The retrospective loop is the centerpiece — it makes the system learn from itself. Each cycle's scrum retro names what went well, what regressed, what needs depth, and what to add. Safe items (stub-seed for unresolved wikilinks referenced 2+ times) auto-apply; risky items (queue-priority changes, arc proposals, author pages) are queued for human review. The next cycle's supervisor sees the new stubs and the retro context, and the wiki grows in the direction the agents themselves identified as weak.


8. What a real cycle actually cost ($30 top-up, May 2026)

These are measured numbers from the production run that shipped 60 v2 pages across the 10 canonical tracks. Model stack: writer/MVB = openai/gpt-5.1-codex-mini, reviewer = openai/gpt-5-mini, critics = google/gemini-3.1-flash-lite, research = google/gemini-3.5-flash.

Metric Value
Pages shipped (approved) 53 / 60 (88%)
First-try approval rate 73%
Average confidence 0.76
Tracks with ≥4 concept pages 10 / 10
Total spent $7.41
Per-page cost (incl. revisions) $0.18
Budget remaining (of $30 top-up) $22.77
Wall-clock for full sprint ~3.5 hours @ 4 parallel workers
Retrospective cycle (gpt-5-mini, structured output) $0.04, 25s
Auto-seeded stubs from first retro 7

Per-page breakdown holds at roughly: research $0.02 · plan+scratch $0.02 · checklist $0.005 · write $0.05 · link $0.005 · review (rubric + 8 critics in parallel) $0.05 · revise (~0.27× of pages) $0.03. The closed loop is significantly cheaper than the v1 budget table above because the checklist + knockout selector reduce revision count and the critic panel runs in parallel.

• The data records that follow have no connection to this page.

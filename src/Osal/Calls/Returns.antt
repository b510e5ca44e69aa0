-- ===== src/Osal/Calls/Returns.antt =====
-- Every wait of mm_halow_osal.c comes back from the scheduler.
use mm_halow_driver.Base.{
  ℕ, ◌+◌, ◌*◌, ◌/◌, ◌≤◌, ◌<◌, ◌≡◌, refl, Bool, true, false, Option, none, some, arith, min, u32_max,
  inl, inr, Bool-cases, ◌∙◌,
}
use mm_halow_driver.Sched.{wake}
use mm_halow_driver.Sched.Service.{Context}
use mm_halow_driver.Sched.Run.{Machine, now, tick, on_sched}
use mm_halow_driver.Sched.Run.Clocked.{Clock, Moved, Moves, stays, within, ticked, alike}
use mm_halow_driver.Sched.Wait.{wait, wait_max_ms}
use mm_halow_driver.Sched.Yield.{wait_host}
use mm_halow_driver.Sched.Yield.Clocked.{step_max, wait_returns}
use mm_halow_driver.Osal.Sync.{
  Cell, Mutex, mutex_acquired, mutex_get, get_mutex, sem_taken, semb_taken, task_notified,
}
use mm_halow_driver.Osal.Queue.{Queue, pop, push}
use mm_halow_driver.Osal.Queue.Waits.{
  queue_popped, queue_pushed, queue_pop, queue_push, popped, pushed,
}
use mm_halow_driver.Osal.Tasks.{on_cell, sem_wait, semb_wait, wait_for_notification}
use mm_halow_driver.Osal.Calls.{
  Wait, on_sem, on_semb, on_mutex, on_notification, on_pop, on_push, IsTimeless, Timeless,
  sched_cell, condition, perform,
}

module _ {E : Type 0} (clock0 : ℕ → ℕ) (time : ℕ → ℕ) (rate : ℕ) where
  abbrev Brief : Machine E → Machine E → Type 0
  Brief m m' = Moved clock0 time rate step_max m.reads m'

  unmoved :
      (m m' : Machine E) → m.clock ≡ clock0 → m'.clock ≡ m.clock → m'.reads ≡ m.reads → Brief m m'
  unmoved m m' e k r =
      within clock0 time rate m' (omega arith)
        (alike clock0 time rate m m' k r (stays clock0 time rate m e))

  written :
      {B : Type 0} (x : Cell (Machine E) B) (b : B) (m : Machine E)
      → IsTimeless x
      → m.clock ≡ clock0
      → Brief m (x.put b m)
  written x b m q e = unmoved m (x.put b m) e (q.clock b m) (q.reads b m)

module _ {E : Type 0} (turn : ℕ → Machine E → Machine E) (switch hook : Machine E → Machine E)
    (c : Context) where
  module _ (clock0 : ℕ → ℕ) (time : ℕ → ℕ) (rate : ℕ) (tells : Clock clock0 time rate step_max)
      (turns : (i : ℕ) → Moves clock0 time rate step_max (turn i)) where
    acquired-Brief :
        (x : Cell (Machine E) Mutex) (m : Machine E)
        → IsTimeless x
        → m.clock ≡ clock0
        → Brief clock0 time rate m
            (mutex_acquired (wait_host turn switch hook c) x (λ m. m.sched.cur) m).1
    unfolding mutex_acquired wait_host
    acquired-Brief x m q e = elim (Bool-cases (x.get m).locked) [
      | inl held ↦ rw held (unmoved clock0 time rate m m e refl refl)
      | inr free ↦ rw free (
          let taken : Mutex = record { owner = m.sched.cur; taken_ms = now m; locked = true } in
          alike clock0 time rate (tick m) (x.put taken (tick m)) (q.clock taken (tick m))
            (q.reads taken (tick m))
            (ticked clock0 time rate step_max step_max tells turn turns m e))
    ]

module _ {E A : Type 0} (turn : ℕ → Machine E → Machine E) (switch hook : Machine E → Machine E)
    (c : Context) where
  perform_lem :
      (w : Wait E A) (fuel t : ℕ) (m : Machine E)
      → t < u32_max
      → perform turn switch hook c w fuel t m
        ≡ wait (wait_host turn switch hook c) (condition turn switch hook c w) fuel t m
  unfolding perform condition sem_wait semb_wait mutex_get get_mutex wait_for_notification queue_pop
      queue_push
  perform_lem (on_sem x) fuel t m lt = refl
  perform_lem (on_semb x) fuel t m lt = refl
  perform_lem (on_mutex x) fuel t m lt = ground arith
  perform_lem (on_notification i) fuel t m lt = refl
  perform_lem (on_pop d x item) fuel t m lt = refl
  perform_lem (on_push x a) fuel t m lt = refl

  module _ (clock0 : ℕ → ℕ) (time : ℕ → ℕ) (rate : ℕ) (tells : Clock clock0 time rate step_max)
      (turns : (i : ℕ) → Moves clock0 time rate step_max (turn i)) where
    popped-Brief :
        (d : A) (x : Cell (Machine E) (Queue A)) (item : Cell (Machine E) A) (m : Machine E)
        (r : Option A × Queue A)
        → IsTimeless x
        → IsTimeless item
        → m.clock ≡ clock0
        → Brief clock0 time rate m (popped (wait_host turn switch hook c) x item r m).1
    unfolding wait_host wake
    popped-Brief d x item m (none, q) k l e = unmoved clock0 time rate m m e refl refl
    popped-Brief d x item m (some a, q) k l e =
        unmoved clock0 time rate m (on_sched wake (item.put a (x.put q m))) e
          (l.clock a (x.put q m) ∙ k.clock q m) (l.reads a (x.put q m) ∙ k.reads q m)

    pushed-Brief :
        (x : Cell (Machine E) (Queue A)) (m : Machine E) (r : Bool × Queue A)
        → IsTimeless x
        → m.clock ≡ clock0
        → Brief clock0 time rate m (pushed (wait_host turn switch hook c) x r m).1
    unfolding wait_host wake
    pushed-Brief x m (false, q) k e = unmoved clock0 time rate m m e refl refl
    pushed-Brief x m (true, q) k e =
        unmoved clock0 time rate m (on_sched wake (x.put q m)) e (k.clock q m) (k.reads q m)

    condition-Moves :
        (w : Wait E A)
        → Timeless w
        → Moves clock0 time rate step_max (λ m. (condition turn switch hook c w m).1)
    unfolding condition queue_popped queue_pushed
    condition-Moves (on_sem x) q m e = written clock0 time rate x (sem_taken (x.get m)).1 m q e
    condition-Moves (on_semb x) q m e = written clock0 time rate x (semb_taken (x.get m)).1 m q e
    condition-Moves (on_mutex x) q m e =
        acquired-Brief turn switch hook c clock0 time rate tells turns x m q e
    condition-Moves (on_notification i) q m e =
        unmoved clock0 time rate m (on_cell sched_cell (task_notified i) m).1 e refl refl
    condition-Moves (on_pop d x item) (k, l) m e = popped-Brief d x item m (pop d (x.get m)) k l e
    condition-Moves (on_push x a) q m e = pushed-Brief x m (push a (x.get m)) q e

    -- A wait of morselib for a semaphore, a binary semaphore, a mutex, a notification or a queue that is
    -- not for ever returns from the scheduler, with fuel for its time, if the tick counter goes on,
    -- every task, switch and hook comes back within nine hours, and a write to the variables that it
    -- uses takes no time. It gives up only when its time, at most MM_HALOW_SCHED_WAIT_MAX_MS, is over.
    pub perform_returns :
        (switches : Moves clock0 time rate step_max switch)
        (hooks : Moves clock0 time rate step_max hook) (w : Wait E A) (fuel t : ℕ) (m : Machine E)
        → Timeless w
        → m.clock ≡ clock0
        → t < u32_max
        → min t wait_max_ms * rate < fuel
        → (b : Bool) × (m' : Machine E) × (perform turn switch hook c w fuel t m ≡ some (b, m'))
          × (b ≡ false → time m.reads / rate + min t wait_max_ms ≤ time m'.reads / rate)
    perform_returns switches hooks w fuel t m q e lt enough = rw (perform_lem w fuel t m lt) (
        wait_returns clock0 time rate tells turn switch hook turns switches hooks c
          (condition turn switch hook c w) (condition-Moves w q) fuel t m e lt enough)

9. What's still missing (the honest list)

# Gap Effort Why it matters
1 Critic-attribution → persona update. Failed-critic patterns surface in backlog.md, but the writer's persona YAML isn't yet auto-amended by the retrospective. Medium Without this, the same critic flags can recur cycle after cycle even when the retro identified them.
2 Arc proposal phase. Supervisor should propose arc slates once curriculum coverage stabilises; retrospective already flags candidates but doesn't promote them. Small The user picks which arcs become real; matches the "2 active arcs at a time" canon.
3 Author pages. High-frequency cited researchers (Bengio, He, Vaswani, Pearl…) deserve author pages with their seminal works; retrospective flags this but it's marked moderate-risk and stays human-review. Small Compounds citation density and gives every concept page a place to deep-link to.
4 Visual sanity for math. No automated check that LaTeX renders. Small Some pages have unrendered \(...\) because of escaping.
5 Hybrid local/cloud mode. Critics could run locally (Gemma 3 4B) while writer/reviewer stay cloud — cuts cost ~30%. Local-mode has working scaffold but Gemma 4 MLX is broken upstream. Medium Cheap parallel critic fanout without burning OpenRouter budget on every dimension.

10. The one-line summary

FAIRE is a closed-loop deep-agent system that writes a frontier-AI wiki under a fixed budget, in a single voice, citing only primary sources, and nudges every reader toward making something.

When you change this system, that sentence is the test.